At the time of his death in 1988, Banham was at work on a book on High Tech, which he titled Making Architecture: The Paradoxes of High Tech. His notes and correspondence, as well as a draft of his introduction, are kept in the Banham Papers which are held at the Getty Research Institute. These papers spurred my own research on Banham, and we were very lucky that Banham’s estate allowed us to include Banham’s draft intro in my book.
Why is a reconsideration of Banham’s works so important to where our profession is right now? How do you see Banham’s work reinvigorating or impacting the critical approach to technology in architecture’s propositions today?
An important aspect of Banham’s writing throughout his career is his tendency to work in terms of stark contrasts: tradition versus technology, style versus performance, aesthetics versus ethics, etc. If you concentrate on his early writings, it appears that he has a strong bias for the latter terms in each pair.

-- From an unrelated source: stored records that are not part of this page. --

-- ===== src/Mailbox/Stored.antt =====
-- Reading the allocator and the heads from a state that was written (pkg/diskrpc/mailbox.go).
use csi_sanlock_lvm.Base.{
  ℕ, zero, suc, ◌+◌, ◌-◌, ◌*◌, ◌^◌, ◌≤◌, ◌<◌, ◌≡◌, ◌≢◌, inl, inr, refl, sym, ap, ◌∙◌, List, [], ◌∷◌,
  Bytes, take, drop, length, le→leb, ltb, Bool-cases, arith, ok,
}
use csi_sanlock_lvm.Base.Int.{ℤ, pos, negsuc, int32_of}
use csi_sanlock_lvm.Mailbox.Device.{
  overwrite, put_uint32, uint32, uint32-put_uint32, uint32-take, length-put_uint32,
  length-overwrite, length-drop, overwrite-front, drop-overwrite, drop-overwrite_after,
  take-overwrite_before,
}
use csi_sanlock_lvm.Mailbox.Layout.{
  head_offset, uint32_of, node_offset, nodes_to_state, allocator_to_state, nodes_from_state,
  allocator_from_state,
}
use csi_sanlock_lvm.Mailbox.Messages.{head, head_from, head_to, put_head}

-- A value of Go's type int32.
abbrev pub IsInt32 : ℤ → Type 0
IsInt32 (pos n) = n < 2 ^ 31
IsInt32 (negsuc n) = n < 2 ^ 31

abbrev pub AllInt32 : List ℤ → Type 0
AllInt32 [] = Unit
AllInt32 (n ∷ nodes) = IsInt32 n × AllInt32 nodes

int32_of-uint32_of : (n : ℤ) → IsInt32 n → int32_of (uint32_of n) ≡ n
unfolding int32_of uint32_of
int32_of-uint32_of (pos n) h = ground arith
int32_of-uint32_of (negsuc n) h = ground arith

uint32_of-bound : (n : ℤ) → uint32_of n < 2 ^ 32
unfolding uint32_of
uint32_of-bound (pos n) = omega arith
uint32_of-bound (negsuc n) = omega arith

-- A word that is written is the word that is read there.
pub uint32-overwrite :
    (s : Bytes) (i w : ℕ)
    → w < 2 ^ 32
    → i + 4 ≤ length s
    → uint32 (drop i (overwrite s i (put_uint32 w))) ≡ w
uint32-overwrite s i w small fits =
    ap uint32 (
      drop-overwrite s i i (put_uint32 w) (omega arith)
      ∙ ap (λ k. overwrite (drop i s) k (put_uint32 w)) (omega arith)
      ∙ overwrite-front (drop i s) (put_uint32 w)
          (omega (arith, length-put_uint32 w, length-drop i s)))
    ∙ uint32-put_uint32 w _ small

-- And no other word changes.
pub uint32-overwrite_before :
    (s : Bytes) (i k : ℕ) (buf : Bytes)
    → k + 4 ≤ i
    → uint32 (drop k (overwrite s i buf)) ≡ uint32 (drop k s)
uint32-overwrite_before s i k buf h =
    sym (uint32-take (drop k (overwrite s i buf)))
    ∙ ap uint32 (
        ap (take 4) (drop-overwrite s k i buf (omega arith))
        ∙ take-overwrite_before (drop k s) 4 (i - k) buf (omega arith))
    ∙ uint32-take (drop k s)

uint32-overwrite_after :
    (s : Bytes) (i k w : ℕ)
    → i + 4 ≤ k
    → uint32 (drop k (overwrite s i (put_uint32 w))) ≡ uint32 (drop k s)
uint32-overwrite_after s i k w h =
    ap uint32 (drop-overwrite_after s k i (put_uint32 w) (omega (arith, length-put_uint32 w)))

length-nodes_to_state :
    (i : ℕ) (nodes : List ℤ) (state : Bytes) → length (nodes_to_state i nodes state) ≡ length state
unfolding nodes_to_state
length-nodes_to_state i [] state = refl
length-nodes_to_state i (n ∷ nodes) state =
    length-nodes_to_state (suc i) nodes _
    ∙ length-overwrite state (node_offset i) (put_uint32 (uint32_of n))

uint32-nodes_to_state :
    (i k : ℕ) (nodes : List ℤ) (state : Bytes)
    → k + 4 ≤ node_offset i
    → uint32 (drop k (nodes_to_state i nodes state)) ≡ uint32 (drop k state)
unfolding nodes_to_state
uint32-nodes_to_state i k [] state h = refl
uint32-nodes_to_state i k (n ∷ nodes) state h =
    uint32-nodes_to_state (suc i) k nodes _ (omega arith)
    ∙ uint32-overwrite_before state (node_offset i) k (put_uint32 (uint32_of n)) h

nodes_from_state-nodes_to_state :
    (i : ℕ) (nodes : List ℤ) (state : Bytes)
    → AllInt32 nodes
    → 8192 + 4 * (i + length nodes) ≤ length state
    → nodes_from_state i (length nodes) (nodes_to_state i nodes state) ≡ nodes
unfolding nodes_from_state nodes_to_state
nodes_from_state-nodes_to_state i [] state h fits = refl
nodes_from_state-nodes_to_state i (n ∷ nodes) state (small, h) fits =
    let after = overwrite state (node_offset i) (put_uint32 (uint32_of n)) in
    let first =
      ap int32_of (
        uint32-nodes_to_state (suc i) (node_offset i) nodes after (omega arith)
        ∙ uint32-overwrite state (node_offset i) (uint32_of n) (uint32_of-bound n) (omega arith))
      ∙ int32_of-uint32_of n small in
    let rest =
      nodes_from_state-nodes_to_state (suc i) nodes after h
        (omega (arith, length-overwrite state (node_offset i) (put_uint32 (uint32_of n)))) in
    ap (λ m. m ∷ nodes_from_state (suc i) (length nodes) (nodes_to_state (suc i) nodes after)) first
    ∙ ap (λ r. n ∷ r) rest

head_from_lem :
    (id : ℕ)
    → 0 < id
    → id ≤ 2000
    → (head_from id ≡ head_offset id) × (head_to id ≡ head_offset id + 4)
head_from_lem id hpos hid = (omega arith, omega arith)

pub head-offset :
    (id : ℕ) (state : Bytes)
    → 0 < id
    → id ≤ 2000
    → 8192 ≤ length state
    → head id state ≡ ok (uint32 (drop (head_offset id) state))
unfolding head
head-offset id state hpos hid fits =
    let (from, to) = head_from_lem id hpos hid in
    rw
      (
        from,
        to,
        le→leb (head_offset id) (head_offset id + 4) (omega arith),
        le→leb (head_offset id + 4) (length state) (omega arith),
      )
      refl

nodes_from_state-overwrite :
    (i count k w : ℕ) (state : Bytes)
    → k + 4 ≤ node_offset i
    → nodes_from_state i count (overwrite state k (put_uint32 w)) ≡ nodes_from_state i count state
unfolding nodes_from_state
nodes_from_state-overwrite i zero k w state h = refl
nodes_from_state-overwrite i (suc count) k w state h =
    ap (λ m. int32_of m ∷ nodes_from_state (suc i) count (overwrite state k (put_uint32 w)))
      (uint32-overwrite_after state k (node_offset i) w h)
    ∙ ap (λ r. int32_of (uint32 (drop (node_offset i) state)) ∷ r)
        (nodes_from_state-overwrite (suc i) count k w state (omega arith))

uint32-overwrite_other :
    (s : Bytes) (id other w : ℕ)
    → 0 < id
    → 0 < other
    → other ≢ id
    → uint32 (drop (head_offset other) (overwrite s (head_offset id) (put_uint32 w)))
      ≡ uint32 (drop (head_offset other) s)
uint32-overwrite_other s id other w hid hother differ = elim (Bool-cases (ltb other id)) [
  | inl below ↦
      uint32-overwrite_before s (head_offset id) (head_offset other) (put_uint32 w) (ground arith)
  | inr above ↦ uint32-overwrite_after s (head_offset id) (head_offset other) w (ground arith)
]

-- The allocator is read back from a state with room for it as it was put there, for nodes of type int32.
-- Putting it there changes no head of a list, and not the length of the state.
pub allocator_from_state-allocator_to_state :
    (nodes : List ℤ) (state : Bytes)
    → AllInt32 nodes
    → 8192 + 4 * length nodes ≤ length state
    → (allocator_from_state (length nodes) (allocator_to_state nodes state) ≡ nodes)
      × ((id : ℕ) → 0 < id → id ≤ 2000 → head id (allocator_to_state nodes state) ≡ head id state)
      × (length (allocator_to_state nodes state) ≡ length state)
unfolding allocator_from_state allocator_to_state
allocator_from_state-allocator_to_state nodes state h fits = (
  nodes_from_state-nodes_to_state 0 nodes state h (omega arith),
  (λ id hpos hid.
      head-offset id _ hpos hid (omega (arith, length-nodes_to_state 0 nodes state))
      ∙ ap ok (uint32-nodes_to_state 0 (head_offset id) nodes state (omega arith))
      ∙ sym (head-offset id state hpos hid (omega arith))),
  length-nodes_to_state 0 nodes state,
)

-- After the head of one mailbox has been put into a state, it is read back; no other head and no node of the
-- allocator has changed. The ids are from 1 to 2000 and the address is a uint32.
pub head-put_head :
    (id addr : ℕ) (state : Bytes)
    → 0 < id
    → id ≤ 2000
    → addr < 2 ^ 32
    → 8192 ≤ length state
    → (head id (put_head id addr state) ≡ ok addr)
      × ((other : ℕ)
          → 0 < other
          → other ≤ 2000
          → other ≢ id
          → head other (put_head id addr state) ≡ head other state)
      × ((count : ℕ)
          → allocator_from_state count (put_head id addr state) ≡ allocator_from_state count state)
unfolding allocator_from_state
head-put_head id addr state hpos hid small fits =
    let at = (head_from_lem id hpos hid).0 in
    let after = overwrite state (head_offset id) (put_uint32 addr) in
    let long : 8192 ≤ length after =
      omega (arith, length-overwrite state (head_offset id) (put_uint32 addr)) in
    rw at (
      head-offset id after hpos hid long
          ∙ ap ok (uint32-overwrite state (head_offset id) addr small (omega arith)),
      (λ other hother hle differ.
          head-offset other after hother hle long
          ∙ ap ok (uint32-overwrite_other state id other addr hpos hother differ)
          ∙ sym (head-offset other state hother hle fits)),
      λ count. nodes_from_state-overwrite 0 count (head_offset id) addr state (omega arith),
    )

Today, we see a lot of architectural debates structured in terms of binary scenarios like the ones Banham worked with. On one hand, we see architects rallying around often arcane formal and aesthetic interests. On the other, we see architects committed to social justice and political change. (The LA Forum even supported its own version of this kind of debate, with its historical oscillation between the camps of “experimental architecture” and “everyday urbanism.”) Typically, these debates imply a winner-take-all situation – if you’re aesthetically driven you’re automatically seen as socially irresponsible; if you’re socially responsible, you’re automatically typecast as aesthetically reprehensible.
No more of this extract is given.